Ele Morreu Por Nós

Todo mundo já deve ter parado pra pensar na vida – se você ainda não fez isso, vai fazer depois desse post. Um dia, eu não tinha nada pra fazer (não é muito difícil eu não ter nada pra fazer, mas não sou tão desocupada assim) e resolvi pensar a respeito de coisas absurdas. Pensei sobre o tempo, pensei o quanto é estranho pensar no tempo, pensei sobre o céu e o quão lindo deve ser, pensei a respeito da morte e da vida. Depois de pensar em todas essas coisas, juntei tudo em uma só bola de pensamento… Quase choro.
Pensar na vida e na sua efemeridade, faz-nos pensar no que estamos fazendo dela. Será que estou aproveitando o máximo que eu posso aqui? Bem, a resposta deverá ser diferente para cada um, mas a minha foi: não, não estou vivendo a minha vida de acordo com a vontade de Deus, então não estou aproveitando o máximo dela. Ao pensar na vida, eu pensei em todas as coisas supérfluas que fiz e faço até hoje, não que sejam pecado, mas elas me tiram o tempo que eu tenho pra fazer algo mais importante, como ler a Bíblia, orar ou evangelizar.

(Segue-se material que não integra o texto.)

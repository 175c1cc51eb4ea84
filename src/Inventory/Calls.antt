-- ===== src/Inventory/Calls.antt =====
-- The methods of src/modules/inventory/inventory.service.ts that write, as one type of calls, and what
-- a sequence of calls keeps true.
use openeos_api.Base.{ℕ, List, [], ◌∷◌}
use openeos_api.Store.{Store, Env}
use openeos_api.Inventory.{
  CreateInventoryCountDto, UpdateInventoryCountDto, BulkAddInventoryItemsDto,
  UpdateInventoryItemDto, create_count, update_count, delete_count, start_count, complete_count,
  cancel_count, add_item, bulk_add_items, update_item,
}
use openeos_api.Inventory.Counts.Keeps.{
  CountInv, create_count-CountInv, update_count-CountInv, delete_count-CountInv,
  start_count-CountInv, cancel_count-CountInv, add_item-CountInv, update_item-CountInv,
}
use openeos_api.Inventory.Counts.Ending.{bulk_add_items-CountInv, complete_count-CountInv}

-- The event and the count of a call stand in its request.
pub data InventoryCall : Type 0 where
  create_count_call : CreateInventoryCountDto → InventoryCall
  update_count_call : UpdateInventoryCountDto → InventoryCall
  delete_count_call start_count_call complete_count_call cancel_count_call : InventoryCall
  add_count_item_call : ℕ → InventoryCall
  bulk_add_call : BulkAddInventoryItemsDto → InventoryCall
  count_item_call : ℕ → UpdateInventoryItemDto → InventoryCall

pub record InventoryRequest : Type 0 where
  pub env : Env
  pub event_id : ℕ
  pub count_id : ℕ
  pub user_id : ℕ
  pub call : InventoryCall

unfoldable pub serve_inventory : InventoryRequest → InventoryCall → Store → Store
serve_inventory r (create_count_call dto) s = (create_count r.event_id r.user_id dto s).1
serve_inventory r (update_count_call dto) s = (update_count r.event_id r.count_id dto r.user_id s).1
serve_inventory r delete_count_call s = (delete_count r.event_id r.count_id r.user_id s).1
serve_inventory r start_count_call s = (start_count r.env r.event_id r.count_id r.user_id s).1
serve_inventory r complete_count_call s = (complete_count r.env r.event_id r.count_id r.user_id s).1
serve_inventory r cancel_count_call s = (cancel_count r.event_id r.count_id r.user_id s).1
serve_inventory r (add_count_item_call pid) s = (add_item r.event_id r.count_id pid r.user_id s).1
serve_inventory r (bulk_add_call dto) s = (bulk_add_items r.event_id r.count_id dto r.user_id s).1
serve_inventory r (count_item_call iid dto) s =
    (update_item r.env r.event_id r.count_id iid r.user_id dto s).1

unfoldable pub serve_counts : List InventoryRequest → Store → Store
unfolding serve_inventory
serve_counts [] s = s
serve_counts (r ∷ rs) s = serve_counts rs (serve_inventory r r.call s)

serve_inventory-CountInv :
    (r : InventoryRequest) (c : InventoryCall) (s : Store)
    → CountInv s
    → CountInv (serve_inventory r c s)
unfolding serve_inventory
serve_inventory-CountInv r (create_count_call dto) s v =
    create_count-CountInv r.event_id r.user_id dto s v
serve_inventory-CountInv r (update_count_call dto) s v =
    update_count-CountInv r.event_id r.count_id dto r.user_id s v
serve_inventory-CountInv r delete_count_call s v =
    delete_count-CountInv r.event_id r.count_id r.user_id s v
serve_inventory-CountInv r start_count_call s v =
    start_count-CountInv r.env r.event_id r.count_id r.user_id s v
serve_inventory-CountInv r complete_count_call s v =
    complete_count-CountInv r.env r.event_id r.count_id r.user_id s v
serve_inventory-CountInv r cancel_count_call s v =
    cancel_count-CountInv r.event_id r.count_id r.user_id s v
serve_inventory-CountInv r (add_count_item_call pid) s v =
    add_item-CountInv r.event_id r.count_id pid r.user_id s v
serve_inventory-CountInv r (bulk_add_call dto) s v =
    bulk_add_items-CountInv r.event_id r.count_id r.user_id dto s v
serve_inventory-CountInv r (count_item_call iid dto) s v =
    update_item-CountInv r.env r.event_id r.count_id iid r.user_id dto s v

-- After any sequence of requests to the inventory service, from a store whose counts are well formed
-- and whose products have different ids: every count is well formed. No product stands in a count
-- twice; an item is uncounted, or its difference is what was counted less what was expected; the items
-- of a draft are uncounted, a count in progress has items, and those of a completed count are counted.
pub serve_counts-CountInv :
    (requests : List InventoryRequest) (s : Store) → CountInv s → CountInv (serve_counts requests s)
unfolding serve_counts
serve_counts-CountInv [] s v = v
serve_counts-CountInv (r ∷ rs) s v =
    serve_counts-CountInv rs (serve_inventory r r.call s) (serve_inventory-CountInv r r.call s v)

“Todas as coisas são lícitas, mas nem todas convêm; todas são lícitas, mas nem todas edificam” (1 Coríntios: 10:23)

Sou cristã, mas tenho amigos não cristãos. Olho para a vida deles e tento me imaginar vivendo daquele jeito e, honestamente, não suporto. Eu conheço a Cristo, sei o que Ele fez por mim, então não aguentaria pensar que estaria rejeitando o sacrifício dEle para viver minha vida do jeito que eu bem entendesse. Mas o que eu ainda não tinha percebido era: eu muitas vezes rejeito o sacrifício de Cristo também.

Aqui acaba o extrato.